Bruce Daisley joins Steven Bartlett to dissect what makes work enjoyable or miserable in the new remote, Zoom-centric era. He argues that the energy, camaraderie and 'collective effervescence' of being around people is what people miss most, and that loneliness and lack of control drive burnout. The conversation covers the science of creativity (the brain's default mode network and why ideas come in the shower), how to design a healthy 100-person company, and when to quit a job.
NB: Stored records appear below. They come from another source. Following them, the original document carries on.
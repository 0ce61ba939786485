-- ===== src/Dictionary/Valid.antt =====
-- Well-formed dictionaries, and the two writes of an insertion.
use java_profiler.Base.{
  ℕ, ◌+◌, ◌*◌, ◌^◌, ◌<◌, ◌≡◌, refl, ◌≢◌, List, Option, none, some, arith, update, inl, inr,
  Bool-cases, ◌==◌, ◌&&◌, if◌then◌else◌,
}
use java_profiler.Dictionary.Key.{allocate_key}
use java_profiler.Dictionary.Row.{IsFilled}
use java_profiler.Dictionary.Walk.{IsLinked}
use java_profiler.Dictionary.{
  cells, table_capacity, empty_row, Dictionary, row_at, store_key, add_table, new,
}

-- Tables are numbered in the order of allocation, 384 numbers to each; links lead to later tables,
-- and leave full rows only; a row is filled from the left.
pub record IsValid (d : Dictionary) : Type 0 where
  pub rooted : 0 < d.allocated
  pub linked : IsLinked d
  pub numbered : (t : ℕ) → t < d.allocated → (d.tables t).base_index ≡ 1 + table_capacity * t
  pub next_base : d.base_index + table_capacity ≡ 1 + table_capacity * d.allocated
  pub filled : (t r : ℕ) → IsFilled (row_at d t r).keys
  pub full :
      (t r t' c : ℕ) → (row_at d t r).next ≡ some t' → c < cells → (row_at d t r).keys c ≢ none

-- A constructed dictionary is valid, and so is a cleared one.
pub new-IsValid : IsValid new
unfolding new
new-IsValid = record {
  rooted = omega arith;
  linked = λ t r t' e. cc;
  numbered = λ t lt. omega arith;
  next_base = omega arith;
  filled = λ t r k e. refl;
  full = λ t r t' c e. cc;
}

module _ (d : Dictionary) (t₀ r₀ c₀ : ℕ) (key : List ℕ) where
  abbrev stored_keys : ℕ → Option (List ℕ)
  stored_keys = update (row_at d t₀ r₀).keys c₀ (some (allocate_key key))

  pub store_key-keys :
      (t r : ℕ)
      → (row_at (store_key d t₀ r₀ c₀ key) t r).keys
        ≡ (if t₀ == t && r₀ == r then stored_keys else (row_at d t r).keys)
  unfolding store_key
  store_key-keys t r = ground arith

  pub store_key-next :
      (t r : ℕ) → (row_at (store_key d t₀ r₀ c₀ key) t r).next ≡ (row_at d t r).next
  unfolding store_key
  store_key-next t r = ground arith

  pub store_key-base :
      (t : ℕ) → ((store_key d t₀ r₀ c₀ key).tables t).base_index ≡ (d.tables t).base_index
  unfolding store_key
  store_key-base t = ground arith

  update-IsFilled :
      (keys : ℕ → Option (List ℕ)) (a : Option (List ℕ))
      → IsFilled keys
      → a ≢ none
      → ((k : ℕ) → k < c₀ → keys k ≢ none)
      → IsFilled (update keys c₀ a)
  update-IsFilled keys a filled set before k e = ground (arith, filled k, before k)

  pub store_key-IsValid :
      IsValid d
      → ((k : ℕ) → k < c₀ → (row_at d t₀ r₀).keys k ≢ none)
      → IsValid (store_key d t₀ r₀ c₀ key)
  store_key-IsValid v before = record {
    rooted = unfold store_key in v.rooted;
    linked = λ t r t' e. unfold store_key in v.linked t r t' (rw store_key-next at e);
    numbered = λ t lt. rw store_key-base (v.numbered t (unfold store_key in lt));
    next_base = unfold store_key in v.next_base;
    filled = λ t r. elim (Bool-cases (t₀ == t && r₀ == r)) [
      | inl e ↦
          rw (store_key-keys, e)
            (update-IsFilled _ (some (allocate_key key)) (v.filled t₀ r₀) (λ z. cc) before)
      | inr e ↦ rw (store_key-keys, e) (v.filled t r)
    ];
    full = λ t r t' c e lt.
        let old = v.full t r t' c (rw store_key-next at e) lt in
        elim (Bool-cases (t₀ == t && r₀ == r)) [
          | inl e ↦ rw (store_key-keys, e) (λ z. ground arith)
          | inr e ↦ rw (store_key-keys, e) old
        ];
  }

module _ (d : Dictionary) (t₀ r₀ : ℕ) where
  abbrev added : Dictionary
  added = add_table d t₀ r₀

  pub add_table-new : (r : ℕ) → row_at added d.allocated r ≡ empty_row
  unfolding add_table
  add_table-new r = ground arith

  pub add_table-keys : (t r : ℕ) → d.allocated ≢ t → (row_at added t r).keys ≡ (row_at d t r).keys
  unfolding add_table
  add_table-keys t r lt = ground arith

  pub add_table-next :
      (t r : ℕ)
      → d.allocated ≢ t
      → (row_at added t r).next
        ≡ (if t₀ == t && r₀ == r then some d.allocated else (row_at d t r).next)
  unfolding add_table
  add_table-next t r lt = ground arith

  pub add_table-base :
      (t : ℕ) → d.allocated ≢ t → (added.tables t).base_index ≡ (d.tables t).base_index
  unfolding add_table
  add_table-base t lt = ground arith

  pub add_table-base_new :
      IsValid d
      → d.allocated < 2 ^ 23
      → (added.tables d.allocated).base_index ≡ 1 + table_capacity * d.allocated
  unfolding add_table
  add_table-base_new v few = ground (arith, v.next_base)

  pub add_table-IsValid :
      IsValid d
      → t₀ < d.allocated
      → ((k : ℕ) → k < cells → (row_at d t₀ r₀).keys k ≢ none)
      → d.allocated < 2 ^ 23
      → IsValid added
  add_table-IsValid v lt₀ whole few = record {
    rooted = unfold add_table in omega arith;
    linked = λ t r t' e. elim (Bool-cases (d.allocated == t)) [
      | inl z ↦ let q : d.allocated ≡ t = ground arith in cc (new_next t r q, e)
      | inr z ↦
          let q : d.allocated ≢ t = ground arith in
          let e' = rw (add_table-next t r q) at e in
          let old = v.linked t r t' in unfold add_table in ground (arith, old)
    ];
    numbered = λ t lt. elim (Bool-cases (d.allocated == t)) [
      | inl z ↦ let q : d.allocated ≡ t = ground arith in rw (← q) (add_table-base_new v few)
      | inr z ↦
          let q : d.allocated ≢ t = ground arith in
          rw (add_table-base t q) (v.numbered t (unfold add_table in ground (arith, lt)))
    ];
    next_base = unfold add_table in ground (arith, v.next_base);
    filled = λ t r. elim (Bool-cases (d.allocated == t)) [
      | inl z ↦ let q : d.allocated ≡ t = ground arith in rw (← q, add_table-new) (λ k _. refl)
      | inr z ↦ let q : d.allocated ≢ t = ground arith in rw (add_table-keys t r q) (v.filled t r)
    ];
    full = λ t r t' c e lt. elim (Bool-cases (d.allocated == t)) [
      | inl z ↦ let q : d.allocated ≡ t = ground arith in absurd (cc (new_next t r q, e))
      | inr z ↦
          let q : d.allocated ≢ t = ground arith in
          let e' = rw (add_table-next t r q) at e in
          rw (add_table-keys t r q) (elim (Bool-cases (t₀ == t && r₀ == r)) [
            | inl y ↦
                let qt : t₀ ≡ t = ground arith in
                let qr : r₀ ≡ r = ground arith in rw (← qt, ← qr) (whole c lt)
            | inr y ↦ v.full t r t' c (rw y at e') lt
          ])
    ];
  }
    where
      new_next : (t r : ℕ) → d.allocated ≡ t → (row_at added t r).next ≡ none
      new_next t r q = rw (← q, add_table-new)
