-- ===== src/Dictionary/Frame.antt =====
-- The two writes of an insertion do not change what a reader of another key finds.
use java_profiler.Base.{
  ℕ, zero, suc, ◌%◌, ◌<◌, true, false, ◌≡◌, refl, ◌∙◌, ◌≢◌, length, List, Option, none, some, arith,
  ◌⊎◌, inl, inr, sym, ap, Bool-cases, ◌==◌, ◌&&◌,
}
use java_profiler.Dictionary.Key.{allocate_key, key_equals}
use java_profiler.Dictionary.Row.{scan_other, scan_empty}
use java_profiler.Dictionary.Valid.{
  store_key-keys, store_key-next, store_key-base, add_table-new, add_table-keys, add_table-next,
  add_table-base,
}
use java_profiler.Dictionary.Walk.{
  IsLinked, find_from, find_from_congr, find_from_found, find_from_end, find_from_next,
  scan-ne-free, index_congr,
}
use java_profiler.Dictionary.{
  cells, row_count, Dictionary, Scan, found, free, absent, scan, rotate, row_at, store_key,
  add_table,
}

module _ (d : Dictionary) (t₀ r₀ c₀ : ℕ) (key j : List ℕ) where
  pub find_from-store_key :
      (row_at d t₀ r₀).keys c₀ ≡ none
      → key_equals (allocate_key key) j (length j) ≡ false
      → (f t h : ℕ) → find_from f (store_key d t₀ r₀ c₀ key) j t h ≡ find_from f d j t h
  find_from-store_key unset differ zero t h = unfold find_from in refl
  find_from-store_key unset differ (suc f) t h =
      find_from_congr f d _ j t h (scans (Bool-cases (t₀ == t && r₀ == r)))
        (store_key-next d t₀ r₀ c₀ key t r) (store_key-base d t₀ r₀ c₀ key t)
        (λ t' e. find_from-store_key unset differ f t' (rotate h))
    where
      r : ℕ
      r = h % row_count

      scans :
          ((t₀ == t && r₀ == r) ≡ true) ⊎ ((t₀ == t && r₀ == r) ≡ false)
          → scan false j (row_at (store_key d t₀ r₀ c₀ key) t r).keys cells 0
            ≡ scan false j (row_at d t r).keys cells 0
      scans (inl e) =
          let qt : t₀ ≡ t = ground arith in
          let qr : r₀ ≡ r = ground arith in
          rw (store_key-keys, e, ← qt, ← qr) (scan_other j key _ c₀ unset differ cells 0)
      scans (inr e) = rw (store_key-keys, e)

-- What a scan that only reads can answer.
pub Scan-cases :
    (key : List ℕ) (keys : ℕ → Option (List ℕ))
    → ((c : ℕ) × (scan false key keys cells 0 ≡ found c)) ⊎ (scan false key keys cells 0 ≡ absent)
Scan-cases key keys = go (scan false key keys cells 0) refl
  where
    go :
        (s : Scan)
        → scan false key keys cells 0 ≡ s
        → ((c : ℕ) × (scan false key keys cells 0 ≡ found c))
          ⊎ (scan false key keys cells 0 ≡ absent)
    go (found c) e = inl (c, e)
    go (free c) e = absurd (scan-ne-free key keys cells 0 c e)
    go absent e = inr e

module _ (d : Dictionary) (t₀ r₀ : ℕ) (j : List ℕ) where
  find_from_new : (f h : ℕ) → find_from f (add_table d t₀ r₀) j d.allocated h ≡ none
  find_from_new zero h = unfold find_from in refl
  find_from_new (suc f) h =
      find_from_end f _ j d.allocated h (rw add_table-new (scan_empty j _ cells 0 (λ k _. refl)))
        (rw add_table-new)

  pub find_from-add_table :
      IsLinked d
      → (row_at d t₀ r₀).next ≡ none
      → (f t h : ℕ) → t < d.allocated
      → find_from f (add_table d t₀ r₀) j t h ≡ find_from f d j t h
  find_from-add_table linked last zero t h lt = unfold find_from in refl
  find_from-add_table linked last (suc f) t h lt =
      let r = h % row_count in
      let apart : d.allocated ≢ t = omega arith in
      let keys = add_table-keys d t₀ r₀ t r apart in
      let next = add_table-next d t₀ r₀ t r apart in
      let base = add_table-base d t₀ r₀ t apart in
      elim (Bool-cases (t₀ == t && r₀ == r)) [
        | inr e ↦
            find_from_congr f d _ j t h (rw keys) (rw (next, e)) base
              (λ t' n. find_from-add_table linked last f t' (rotate h) (linked t r t' n).1)
        | inl e ↦
            let qt : t₀ ≡ t = ground arith in
            let qr : r₀ ≡ r = ground arith in
            let old : (row_at d t r).next ≡ none = rw (← qt, ← qr) last in
            elim (Scan-cases j (row_at d t r).keys) [
              | inl (c, s) ↦
                  find_from_found f _ j t h c (rw keys s)
                  ∙ ap some (index_congr d (add_table d t₀ r₀) t r c base)
                  ∙ sym (find_from_found f d j t h c s)
              | inr s ↦
                  find_from_next f _ j t h d.allocated (rw keys s) (rw (next, e))
                  ∙ find_from_new f (rotate h)
                  ∙ sym (find_from_end f d j t h s old)
            ]
      ]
It closes on the surprising link between childhood trauma and elite achievement, and Daisley's insider view, as a former Twitter executive, on Donald Trump's permanent ban from the platform.

Big reveals

  • Bartlett reveals his company Social Chain lost its largest-ever number of employees, by a factor of ten, in the month around his September departure as remote work stripped away community.
  • During lockdown the average person worked roughly an extra 45 minutes a day, on top of a working day that has grown by two hours over the last decade.
  • Researcher Julianne Holt-Lunstad's work suggests loneliness has a health impact equivalent to smoking 15 cigarettes a day, worse than obesity.
  • The Great British Medalist study found super-elite athletes (Kelly Holmes, Tom Daley, Andy Murray) shared significant childhood trauma that elite-but-not-champion athletes lacked.
  • As a former Twitter VP who personally knows Jack Dorsey, Daisley says deplatforming Trump weighed heavily on the team and he believes it was the right, carefully-made decision.
  • Daisley says he would have temporarily suspended Trump's account (the Facebook approach) and had Twitter staff open a direct dialogue with Trump's team rather than impose a permanent ban.
  • Daisley predicts Facebook and Google will be broken up within five years, with WhatsApp or Instagram sold off and YouTube likely spun out of Google.

Things worth remembering

  • A roughly 70-year Yale study cited at the open concludes the secret to longevity and happiness is love and friendship, which Daisley ties directly to work.
  • The World Health Organization formally recognizes burnout, characterized by emotional exhaustion and 'depersonalization,' where you stop seeing others as full empathetic individuals.
  • Barack Obama reportedly never chose his own lunch in eight years and Einstein wore the same outfit daily, both to avoid draining mental energy on micro-decisions.
  • In an Oxford rowing study, rowers who rowed in sync as a team had endorphin levels twice as high as those who rowed alone, despite doing equal exercise.
  • Getting strangers off the street to sing ABBA songs together leaves them feeling utterly elated, showing connection itself elevates mood.
  • Neuroscientists describe three cognition systems: the executive attention network (focus), the salience network (awareness of surroundings), and the default network (daydreaming, where creativity sparks).
  • Screenwriter Aaron Sorkin installed a shower in his office and takes up to eight showers a day because disengaging his brain is when ideas arrive.
  • Charles Dickens wrote roughly 15 novels and 200 short stories, writing each morning then walking 10 miles every afternoon to let ideas ferment.
  • Gallup's global workforce survey finds only about 13% of people are engaged at work, while around 22% are actively disengaged and want their employer to fail.
  • When Americans are asked how many people they can turn to in a crisis, the median answer has fallen from about three a couple of decades ago to zero.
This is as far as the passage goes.